Material provided START

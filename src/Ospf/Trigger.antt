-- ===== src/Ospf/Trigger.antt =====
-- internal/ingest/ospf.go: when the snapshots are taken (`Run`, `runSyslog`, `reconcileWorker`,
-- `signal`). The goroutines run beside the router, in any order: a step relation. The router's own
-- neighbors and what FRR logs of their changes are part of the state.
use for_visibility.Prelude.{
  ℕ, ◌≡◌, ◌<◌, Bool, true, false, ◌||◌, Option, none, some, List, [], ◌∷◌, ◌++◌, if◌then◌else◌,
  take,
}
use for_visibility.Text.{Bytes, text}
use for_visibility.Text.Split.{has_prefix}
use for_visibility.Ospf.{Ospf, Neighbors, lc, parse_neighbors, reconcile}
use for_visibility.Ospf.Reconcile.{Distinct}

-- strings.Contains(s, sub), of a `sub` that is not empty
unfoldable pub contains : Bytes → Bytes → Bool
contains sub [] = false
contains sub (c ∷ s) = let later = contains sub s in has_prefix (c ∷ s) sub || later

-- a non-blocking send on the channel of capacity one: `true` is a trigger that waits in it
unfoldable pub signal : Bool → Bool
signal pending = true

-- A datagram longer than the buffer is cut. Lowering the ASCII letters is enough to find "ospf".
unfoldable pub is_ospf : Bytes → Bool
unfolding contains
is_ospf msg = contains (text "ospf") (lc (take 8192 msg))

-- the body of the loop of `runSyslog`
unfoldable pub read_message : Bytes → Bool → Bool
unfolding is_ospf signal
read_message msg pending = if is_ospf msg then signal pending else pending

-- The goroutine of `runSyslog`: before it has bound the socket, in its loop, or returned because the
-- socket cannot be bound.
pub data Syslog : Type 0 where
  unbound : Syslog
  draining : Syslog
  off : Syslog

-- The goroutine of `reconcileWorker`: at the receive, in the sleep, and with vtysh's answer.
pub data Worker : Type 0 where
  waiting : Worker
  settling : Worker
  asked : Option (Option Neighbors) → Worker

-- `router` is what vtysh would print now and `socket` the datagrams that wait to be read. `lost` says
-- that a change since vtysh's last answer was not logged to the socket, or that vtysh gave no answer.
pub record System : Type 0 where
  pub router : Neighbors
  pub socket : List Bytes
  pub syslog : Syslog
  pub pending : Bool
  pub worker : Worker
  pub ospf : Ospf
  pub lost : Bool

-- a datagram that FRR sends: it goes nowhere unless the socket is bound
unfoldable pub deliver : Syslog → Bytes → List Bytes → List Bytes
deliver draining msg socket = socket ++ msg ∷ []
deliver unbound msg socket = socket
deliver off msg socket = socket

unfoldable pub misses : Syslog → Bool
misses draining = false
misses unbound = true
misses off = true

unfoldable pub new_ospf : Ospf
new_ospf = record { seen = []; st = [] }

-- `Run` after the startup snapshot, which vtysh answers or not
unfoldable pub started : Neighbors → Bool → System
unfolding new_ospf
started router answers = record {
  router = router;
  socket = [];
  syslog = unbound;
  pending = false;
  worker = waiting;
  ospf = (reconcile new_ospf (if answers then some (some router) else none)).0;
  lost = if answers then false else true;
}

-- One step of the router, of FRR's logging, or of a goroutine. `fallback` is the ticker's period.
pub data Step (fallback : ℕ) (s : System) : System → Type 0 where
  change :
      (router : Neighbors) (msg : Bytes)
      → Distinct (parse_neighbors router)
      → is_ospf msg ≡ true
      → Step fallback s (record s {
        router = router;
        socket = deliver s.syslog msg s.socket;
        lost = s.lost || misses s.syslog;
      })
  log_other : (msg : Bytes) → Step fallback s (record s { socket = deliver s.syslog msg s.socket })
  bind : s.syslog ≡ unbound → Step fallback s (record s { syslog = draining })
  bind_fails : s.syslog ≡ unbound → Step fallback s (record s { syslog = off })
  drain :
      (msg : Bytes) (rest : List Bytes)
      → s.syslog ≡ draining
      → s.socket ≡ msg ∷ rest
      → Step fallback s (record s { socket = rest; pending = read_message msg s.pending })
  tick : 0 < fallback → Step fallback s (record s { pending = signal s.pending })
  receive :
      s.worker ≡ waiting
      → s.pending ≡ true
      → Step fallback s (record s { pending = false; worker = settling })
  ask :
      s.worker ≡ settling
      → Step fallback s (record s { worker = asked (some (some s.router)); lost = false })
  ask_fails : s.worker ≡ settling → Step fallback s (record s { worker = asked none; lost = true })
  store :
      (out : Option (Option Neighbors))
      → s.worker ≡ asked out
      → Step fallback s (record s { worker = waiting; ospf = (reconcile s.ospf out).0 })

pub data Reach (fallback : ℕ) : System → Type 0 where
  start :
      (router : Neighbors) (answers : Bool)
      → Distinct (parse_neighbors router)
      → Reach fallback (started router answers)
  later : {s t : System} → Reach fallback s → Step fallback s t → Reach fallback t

Material provided END

Assigned task: Repeat exactly the lines above from the one with "The router's own" up to and including the one with "-- the body". No other line belongs in the reply.

Exercise output:
-- `signal`). The goroutines run beside the router, in any order: a step relation. The router's own
-- neighbors and what FRR logs of their changes are part of the state.
use for_visibility.Prelude.{
  ℕ, ◌≡◌, ◌<◌, Bool, true, false, ◌||◌, Option, none, some, List, [], ◌∷◌, ◌++◌, if◌then◌else◌,
  take,
}
use for_visibility.Text.{Bytes, text}
use for_visibility.Text.Split.{has_prefix}
use for_visibility.Ospf.{Ospf, Neighbors, lc, parse_neighbors, reconcile}
use for_visibility.Ospf.Reconcile.{Distinct}

-- strings.Contains(s, sub), of a `sub` that is not empty
unfoldable pub contains : Bytes → Bytes → Bool
contains sub [] = false
contains sub (c ∷ s) = let later = contains sub s in has_prefix (c ∷ s) sub || later

-- a non-blocking send on the channel of capacity one: `true` is a trigger that waits in it
unfoldable pub signal : Bool → Bool
signal pending = true

-- A datagram longer than the buffer is cut. Lowering the ASCII letters is enough to find "ospf".
unfoldable pub is_ospf : Bytes → Bool
unfolding contains
is_ospf msg = contains (text "ospf") (lc (take 8192 msg))

-- the body of the loop of `runSyslog`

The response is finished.